“Can automated penetration testing replace humans” this article was freshly posted just yesterday. It resonated so much with me, I felt a smile linger on my face while reading it. It is the 1st article that gives “automated penetration testing” a fair assessment. And to me, it’s a prelude for another era – AI challenging humans with more and more sophisticated work, this time in Cyber Security.
Alex Haynes states in his article, “the big caveat here is that these automation tools are improving at a phenomenal rate, so depending on when you read this, it may already be out of date.” This statement holds very true, because as of today, the downsides mentioned in the article have already been overcome by a tool called RidgeBot™ from Ridge Security Technology Inc.
I’ll address the two downsides brought up in the article and elaborate on what an advanced auto-penetration tool has achieved to address them:
Downside 1: “Automated penetration testing tools don’t understand web applications – at all.”
Response: RidgeBot™ understands both host servers and web applications. RidgeBot™ uses smart crawling or, in some instances, proxy mode to automatically discover attack surfaces that reside on domains, URLs, folders, sub-folders, front-end and back-end login entries, email addresses etc. RidgeBot™ further mines vulnerabilities over these attack surfaces by using tens of thousands of built-in plugins. Its scanning capability is as good as popular web vulnerability scanners such as Burp Suite and Acunetix. But, RidgeBot™, as an auto-pentest tool, does not stop there. After scanning, it further validates the vulnerabilities with exploits. Whether it’s SQL injection or SSRF (Sever-side request forgery) or Cross-site scripting or weak password for back-end login entries, RidgeBot™ will show “hard evidence” after successful attacks. The hard evidence includes web shell control, credential exposure, and SQL database control, among others.

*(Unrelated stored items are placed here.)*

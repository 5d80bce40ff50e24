-- ===== src/Honeypot/Filesystem/Paths.antt =====
-- Paths in the file system of the honeypot.
use phantom_grid.Prelude.{
  true, false, [], ◌∷◌, ◌++◌, ◌≡◌, refl, ap, inl, inr, arith, is_empty, Bool-cases, if_either,
}
use phantom_grid.Prelude.Bytes.{
  Bytes, codes, bytes_eq, has_prefix, trim_space, is_space, trim_space-append,
  trim_space-idempotent,
}
use phantom_grid.Honeypot.Text.{slash}
use phantom_grid.Prelude.Table.{lookup}
use phantom_grid.Honeypot.Filesystem.{
  VirtualFileSystem, new_virtual_file_system, normalize_path, list_at, exists_at, list_files,
  read_file, file_exists,
}

pub file_exists-root : file_exists new_virtual_file_system (codes "/") ≡ true
unfolding file_exists exists_at normalize_path new_virtual_file_system lookup bytes_eq has_prefix
    trim_space is_space
file_exists-root = refl

pub file_exists-home : file_exists new_virtual_file_system (codes "/root") ≡ true
unfolding file_exists exists_at normalize_path new_virtual_file_system lookup bytes_eq has_prefix
    trim_space is_space
file_exists-home = refl

-- An absolute path that stays as it is.
abbrev pub IsNormal : Bytes → Type 0
IsNormal path = (has_prefix path (codes "/") ≡ true) × (normalize_path path ≡ path)

not_dot : (path : Bytes) → has_prefix path (codes "/") ≡ true → bytes_eq path (codes ".") ≡ false
unfolding has_prefix bytes_eq
not_dot [] h = absurd (ground arith)
not_dot (x ∷ s) h = ground (arith, h)

not_empty : (path : Bytes) → has_prefix path (codes "/") ≡ true → is_empty path ≡ false
unfolding has_prefix
not_empty [] h = absurd (ground arith)
not_empty (x ∷ s) h = refl

trimmed-IsNormal :
    (path : Bytes) → trim_space path ≡ path → has_prefix path (codes "/") ≡ true → IsNormal path
unfolding normalize_path
trimmed-IsNormal path t h = (h, rw (t, not_empty path h, not_dot path h, h))

below_home-IsNormal :
    (path : Bytes)
    → trim_space path ≡ path
    → is_empty path ≡ false
    → IsNormal (codes "/root/" ++ path)
below_home-IsNormal path t h =
    trimmed-IsNormal (codes "/root/" ++ path)
      (trim_space-append slash (codes "root/") path (unfold is_space in refl) t h)
      (unfold has_prefix in refl)

home-IsNormal : IsNormal (codes "/root")
unfolding normalize_path bytes_eq has_prefix trim_space is_space
home-IsNormal = (refl, refl)

-- normalizePath gives a path that begins with a slash, and that it leaves as it is.
pub normalize_path-IsNormal : (path : Bytes) → IsNormal (normalize_path path)
unfolding normalize_path
normalize_path-IsNormal path =
    let t = trim_space path in
    let same = trim_space-idempotent path in
    elim (Bool-cases (is_empty t)) [
      | inl e ↦ rw e home-IsNormal
      | inr more ↦ rw more (
          if_either IsNormal (bytes_eq t (codes ".")) (λ _. home-IsNormal)
            (if_either IsNormal (has_prefix t (codes "/")) (trimmed-IsNormal t same)
              (below_home-IsNormal t same more)))
    ]

-- ReadFile, FileExists and ListFiles answer alike for a path and for what normalizePath makes of it.
pub normalize_path-same :
    (vfs : VirtualFileSystem) (path : Bytes)
    → (read_file vfs (normalize_path path) ≡ read_file vfs path)
      × (file_exists vfs (normalize_path path) ≡ file_exists vfs path)
      × (list_files vfs (normalize_path path) ≡ list_files vfs path)
unfolding read_file file_exists list_files
normalize_path-same vfs path =
    let e = (normalize_path-IsNormal path).1 in
    (ap (λ p. lookup p vfs.files) e, ap (exists_at vfs) e, ap (list_at vfs) e)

Internet facing web services are the most convenient, accessible entry points for a hacker to pivot into internal, enterprise networks, therefore auto-pentest tools should always include this as a tactic. A strong web application scanning capability and exploitation sets RidgeBot™ apart from other similar tools.

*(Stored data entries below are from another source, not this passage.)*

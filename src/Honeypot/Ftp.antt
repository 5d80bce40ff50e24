-- ===== src/Honeypot/Ftp.antt =====
-- internal/honeypot/handlers.go: the FTP and the Telnet of the honeypot. Pauses are left out.
use phantom_grid.Prelude.{
  Bool, true, false, List, [], ◌∷◌, ◌++◌, String, if◌then◌else◌, is_empty, length,
}
use phantom_grid.Prelude.Bytes.{Bytes, codes, trim_space, fields, to_upper, decimal}
use phantom_grid.Honeypot.Text.{glue, screen, switch, before_colon}

-- What a read gives: the lines for the log channel and for logger.LogAttack, what is written, and
-- whether the connection ends.
pub record Reply : Type 0 where
  pub logged : List Bytes
  pub attacks : List Bytes
  pub written : Bytes
  pub closed : Bool

abbrev pub stamp : Bytes → List Bytes → Bytes
stamp t pieces = glue (codes "[" ∷ t ∷ codes "] " ∷ pieces)

abbrev pub says : String → Reply
says line = record { logged = []; attacks = []; written = screen (line ∷ []); closed = false }

abbrev pub needs_argument : List Bytes → Reply → Reply
needs_argument [] reply = says "501 Syntax error in parameters"
needs_argument (a ∷ more) reply = reply

abbrev pub first_argument : List Bytes → Bytes
first_argument [] = []
first_argument (a ∷ more) = a

module _ (t : Bytes) where
  -- The cases of the switch; `authenticated` is the variable of the loop, which nothing sets.
  abbrev pub ftp_cases : Bool → List Bytes → List (List String × Reply)
  ftp_cases authenticated args =
      (
        "USER" ∷ [],
        needs_argument args (record (says "331 Password required") {
          logged = stamp t (codes "FTP USER: " ∷ first_argument args ∷ []) ∷ [];
        }),
      )
      ∷ (
        "PASS" ∷ [],
        needs_argument args (record (says "530 Login incorrect") {
          logged =
              stamp t (
                codes "FTP PASS attempt (password length: "
                ∷ decimal (length (first_argument args))
                ∷ codes ")"
                ∷ [])
              ∷ [];
          attacks = codes "FTP_LOGIN: pass=***" ∷ [];
        }),
      )
      ∷ ("SYST" ∷ [], says "215 UNIX Type: L8")
      ∷ ("PWD" ∷ [], says "257 \"/\" is current directory")
      ∷ (
        "LIST" ∷ "LS" ∷ [],
        if authenticated
            then record (says "") {
              written =
                  screen ("150 Opening ASCII mode data connection" ∷ "226 Transfer complete" ∷ []);
            }
            else says "530 Please login with USER and PASS",
      )
      ∷ (
        "CWD" ∷ [],
        needs_argument args (record (says "") {
          written =
              glue (codes "250 CWD command successful: " ∷ first_argument args ∷ codes "\r\n" ∷ []);
        }),
      )
      ∷ ("RETR" ∷ "GET" ∷ [], needs_argument args (says "550 File not found"))
      ∷ ("STOR" ∷ "PUT" ∷ [], needs_argument args (says "553 Requested action not taken"))
      ∷ ("QUIT" ∷ "BYE" ∷ [], record (says "221 Goodbye") { closed = true })
      ∷ (
        "HELP" ∷ [],
        record (says "") {
          written = screen (
              "214-The following commands are recognized:"
              ∷ " USER PASS SYST PWD LIST CWD RETR STOR QUIT" ∷ "214 Help OK" ∷ []);
        },
      )
      ∷ []

  unfoldable pub ftp_command : Bool → List Bytes → Reply
  ftp_command authenticated [] = says "500 Syntax error"
  ftp_command authenticated (cmd ∷ args) =
      switch (to_upper cmd) (ftp_cases authenticated args) (says "502 Command not implemented")

  unfoldable pub ftp_read : Bool → Bytes → Reply
  ftp_read authenticated read =
      let command = trim_space read in
      let reply = ftp_command authenticated (fields command) in
      record reply {
        logged = stamp t (codes "FTP COMMAND: " ∷ command ∷ []) ∷ reply.logged;
        attacks = (codes "FTP: " ++ command) ∷ reply.attacks;
      }

  -- The loop: the reads of the connection, up to the one that fails or is empty.
  unfoldable pub ftp_loop : Bool → List Bytes → List Reply
  ftp_loop authenticated [] = []
  ftp_loop authenticated (read ∷ reads) =
      let reply = ftp_read authenticated read in
      let rest = ftp_loop authenticated reads in
      if is_empty read then [] else reply ∷ (if reply.closed then [] else rest)

  -- handleFTP: the greeting, then the loop with `authenticated := false`.
  unfoldable pub handle_ftp : Bytes → List Bytes → List Reply
  handle_ftp remote reads =
      record (says "220 Welcome to FTP Server") {
        logged = stamp t (codes "FTP connection from " ∷ before_colon remote ∷ []) ∷ [];
        attacks = codes "FTP_CONNECTION" ∷ [];
      }
      ∷ ftp_loop false reads

  -- handleTelnet: a name, a password, and once more; `reads` are the reads that do not fail. An empty
  -- read ends the first two, and only those.
  abbrev pub asks : List Bytes → List Bytes → Bytes → Reply
  asks logged attacks written = record {
    logged = logged;
    attacks = attacks;
    written = written;
    closed = false;
  }

  unfoldable pub telnet_again : Bytes → List Bytes → List Reply
  telnet_again ip [] = []
  telnet_again ip (name ∷ []) = asks [] [] (codes "\r\nPassword: ") ∷ []
  telnet_again ip (name ∷ password ∷ reads) =
      asks [] [] (codes "\r\nPassword: ")
      ∷ record {
        logged = stamp t (codes "TELNET PASSWORD ATTEMPT #2 from " ∷ ip ∷ []) ∷ [];
        attacks = [];
        written = codes "\r\nToo many login attempts. Connection closed.\r\n";
        closed = true;
      }
      ∷ []

  unfoldable pub telnet_password : Bytes → Bytes → List Bytes → List Reply
  telnet_password ip username [] = []
  telnet_password ip username (read ∷ reads) =
      let again = telnet_again ip reads in
      if is_empty read
      then []
      else asks
          (stamp t (
              codes "TELNET PASSWORD ATTEMPT #1 from "
              ∷ ip
              ∷ codes " (password length: "
              ∷ decimal (length (trim_space read))
              ∷ codes ")"
              ∷ [])
            ∷ [])
          (glue (codes "TELNET_LOGIN: user=" ∷ username ∷ codes ", pass=***" ∷ []) ∷ [])
          (codes "\r\nLogin incorrect\r\n\r\nserver login: ")
        ∷ again

  unfoldable pub telnet_name : Bytes → List Bytes → List Reply
  telnet_name ip [] = []
  telnet_name ip (read ∷ reads) =
      let username = trim_space read in
      let next = telnet_password ip username reads in
      if is_empty read
      then []
      else asks
          (stamp t (codes "TELNET LOGIN ATTEMPT: username='" ∷ username ∷ codes "'" ∷ []) ∷ []) []
          (codes "\r\nPassword: ")
        ∷ next

  unfoldable pub handle_telnet : Bytes → List Bytes → List Reply
  handle_telnet remote reads =
      asks [] [] (codes "\r\nUbuntu 20.04.3 LTS\r\n\r\nserver login: ")
      ∷ telnet_name (before_colon remote) reads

Downside 2: You can only use automated pentesting tools “inside” the network.
Response: Placing automated pentesting tools outside the network means hackers have to go through or bypass network security systems such as Firewall, IPS and WAF. Certainly, this poses extraordinary challenges, but that is what hackers do. RidgeBot™ imitates real-world scenarios: it can launch attacks from outside the network.
RidgeBot™ can leverage an external-facing web service as an entry point, or vulnerabilities found in the web-based management console of a network security device, to break in, just like a real hacker would do. External ethical hacking, done by RidgeBot™, is suitable for organizations that assume their main threats are external. With external attacks, due to the limited access to internal servers imposed by firewalls, there might be more narrow findings in risks and vulnerabilities. While for organizations who are more concerned about threats from inside the network, internal ethical hacking (pentesting) would be a better approach. Because, this would allow the auto-pentest tool to perform a more thorough testing against internal servers to reveal more vulnerabilities and risks.

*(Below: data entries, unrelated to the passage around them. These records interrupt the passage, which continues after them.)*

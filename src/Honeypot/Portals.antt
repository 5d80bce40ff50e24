-- ===== src/Honeypot/Portals.antt =====
-- internal/honeypot/http_handler.go: the portals of the honeypot's web server.
use phantom_grid.Prelude.{[], ◌∷◌}
use phantom_grid.Prelude.Bytes.{Bytes, codes}
use phantom_grid.Honeypot.Text.{glue, screen, text_lines}

abbrev pub index_page : Bytes → Bytes
index_page text = glue (
    (screen (
      "HTTP/1.1 200 OK" ∷ "Server: nginx/1.18.0 (Ubuntu)" ∷ "Content-Type: text/html; charset=UTF-8"
      ∷ "Connection: keep-alive" ∷ "X-Powered-By: PHP/7.4.3" ∷ "" ∷ []))
    ∷ (text_lines (
        "<!DOCTYPE html>" ∷ "<html lang=\"en\">" ∷ "<head>" ∷ "    <meta charset=\"UTF-8\">"
        ∷ "    <meta name=\"viewport\" content=\"width=device-width, initial-scale=1.0\">"
        ∷ "    <title>Welcome - Server Management</title>" ∷ "    <style>"
        ∷ "        body { font-family: Arial, sans-serif; margin: 40px; background: #f5f5f5; }"
        ∷ "        .container { background: white; padding: 30px; border-radius: 8px; box-shadow: 0 2px 4px rgba(0,0,0,0.1); }"
        ∷ "        h1 { color: #333; }" ∷ "        .nav { margin: 20px 0; }"
        ∷ "        .nav a { margin-right: 15px; color: #0066cc; text-decoration: none; }"
        ∷ "        .nav a:hover { text-decoration: underline; }" ∷ "    </style>" ∷ "</head>"
        ∷ "<body>" ∷ "    <div class=\"container\">"
        ∷ "        <h1>Welcome to Server Management Portal</h1>"
        ∷ "        <p>System is running normally. All services are operational.</p>"
        ∷ "        <div class=\"nav\">" ∷ "            <a href=\"/admin\">Admin Panel</a>"
        ∷ "            <a href=\"/login\">Login</a>"
        ∷ "            <a href=\"/dashboard\">Dashboard</a>"
        ∷ "            <a href=\"/api\">API</a>" ∷ "        </div>" ∷ []))
    ∷ (codes "        <p>Server Time: ")
    ∷ (text)
    ∷ (text_lines ("</p>" ∷ "    </div>" ∷ "</body>" ∷ []))
    ∷ (codes "</html>")
    ∷ [])

abbrev pub admin_page : Bytes
admin_page = glue (
    (screen (
      "HTTP/1.1 200 OK" ∷ "Server: nginx/1.18.0 (Ubuntu)" ∷ "Content-Type: text/html; charset=UTF-8"
      ∷ "Set-Cookie: session_id=abc123xyz; Path=/; HttpOnly" ∷ "" ∷ []))
    ∷ (text_lines (
        "<!DOCTYPE html>" ∷ "<html>" ∷ "<head>" ∷ "    <title>Administration Panel</title>"
        ∷ "    <style>"
        ∷ "        body { font-family: Arial, sans-serif; margin: 40px; background: #2c3e50; color: white; }"
        ∷ "        .login-box { background: #34495e; padding: 30px; border-radius: 8px; max-width: 400px; margin: 100px auto; }"
        ∷ "        input { width: 100%; padding: 10px; margin: 10px 0; border: none; border-radius: 4px; }"
        ∷ "        button { width: 100%; padding: 12px; background: #3498db; color: white; border: none; border-radius: 4px; cursor: pointer; }"
        ∷ "        button:hover { background: #2980b9; }" ∷ "    </style>" ∷ "</head>" ∷ "<body>"
        ∷ "    <div class=\"login-box\">" ∷ "        <h2>Administration Panel</h2>"
        ∷ "        <form method=\"POST\" action=\"/admin/login\">"
        ∷ "            <input type=\"text\" name=\"username\" placeholder=\"Username\" required>"
        ∷ "            <input type=\"password\" name=\"password\" placeholder=\"Password\" required>"
        ∷ "            <button type=\"submit\">Login</button>" ∷ "        </form>"
        ∷ "        <p style=\"font-size: 12px; color: #95a5a6;\">Forgot password? <a href=\"/admin/reset\" style=\"color: #3498db;\">Reset here</a></p>"
        ∷ "    </div>" ∷ "</body>" ∷ []))
    ∷ (codes "</html>")
    ∷ [])

abbrev pub login_page : Bytes
login_page = glue (
    (screen (
      "HTTP/1.1 200 OK" ∷ "Server: Apache/2.4.41 (Debian)"
      ∷ "Content-Type: text/html; charset=UTF-8" ∷ "" ∷ []))
    ∷ (text_lines (
        "<!DOCTYPE html>" ∷ "<html>" ∷ "<head>" ∷ "    <title>User Login</title>" ∷ "    <style>"
        ∷ "        body { font-family: Arial, sans-serif; margin: 40px; background: #ecf0f1; }"
        ∷ "        .form-container { background: white; padding: 30px; border-radius: 8px; max-width: 350px; margin: 50px auto; box-shadow: 0 2px 4px rgba(0,0,0,0.1); }"
        ∷ "        input { width: 100%; padding: 10px; margin: 10px 0; border: 1px solid #ddd; border-radius: 4px; box-sizing: border-box; }"
        ∷ "        button { width: 100%; padding: 12px; background: #27ae60; color: white; border: none; border-radius: 4px; cursor: pointer; }"
        ∷ "    </style>" ∷ "</head>" ∷ "<body>" ∷ "    <div class=\"form-container\">"
        ∷ "        <h2>User Login</h2>" ∷ "        <form method=\"POST\" action=\"/login/check\">"
        ∷ "            <input type=\"text\" name=\"user\" placeholder=\"Username\" required>"
        ∷ "            <input type=\"password\" name=\"pass\" placeholder=\"Password\" required>"
        ∷ "            <button type=\"submit\">Sign In</button>" ∷ "        </form>" ∷ "    </div>"
        ∷ "</body>" ∷ []))
    ∷ (codes "</html>")
    ∷ [])

abbrev pub wordpress_page : Bytes
wordpress_page = glue (
    (screen (
      "HTTP/1.1 200 OK" ∷ "Server: nginx/1.18.0 (Ubuntu)" ∷ "Content-Type: text/html; charset=UTF-8"
      ∷ "" ∷ []))
    ∷ (text_lines (
        "<!DOCTYPE html>" ∷ "<html>" ∷ "<head>" ∷ "    <title>WordPress Login</title>"
        ∷ "    <style>"
        ∷ "        body { font-family: Arial, sans-serif; margin: 40px; background: #f0f0f1; }"
        ∷ "        .login { background: white; padding: 30px; border-radius: 4px; max-width: 320px; margin: 50px auto; }"
        ∷ "        input { width: 100%; padding: 10px; margin: 10px 0; border: 1px solid #ddd; }"
        ∷ "        button { width: 100%; padding: 12px; background: #0073aa; color: white; border: none; }"
        ∷ "    </style>" ∷ "</head>" ∷ "<body>" ∷ "    <div class=\"login\">"
        ∷ "        <h1>WordPress</h1>" ∷ "        <form method=\"POST\">"
        ∷ "            <input type=\"text\" name=\"log\" placeholder=\"Username or Email\">"
        ∷ "            <input type=\"password\" name=\"pwd\" placeholder=\"Password\">"
        ∷ "            <button type=\"submit\">Log In</button>" ∷ "        </form>" ∷ "    </div>"
        ∷ "</body>" ∷ []))
    ∷ (codes "</html>")
    ∷ [])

In order to test the security posture of an enterprise’s overall IT infrastructure, both external and internal testing capabilities are mandatory. This is why RidgBot™ was developed to support both approaches.
I agree with Alex: the field of automated penetration testing is “improving at a phenomenal rate.” At Ridge Security, as a pioneer provider, we aim to help our customers outrun malicious hackers and achieve continuous protection; and we strongly recommend enterprises to include automated penetration testing into their security hygiene routine.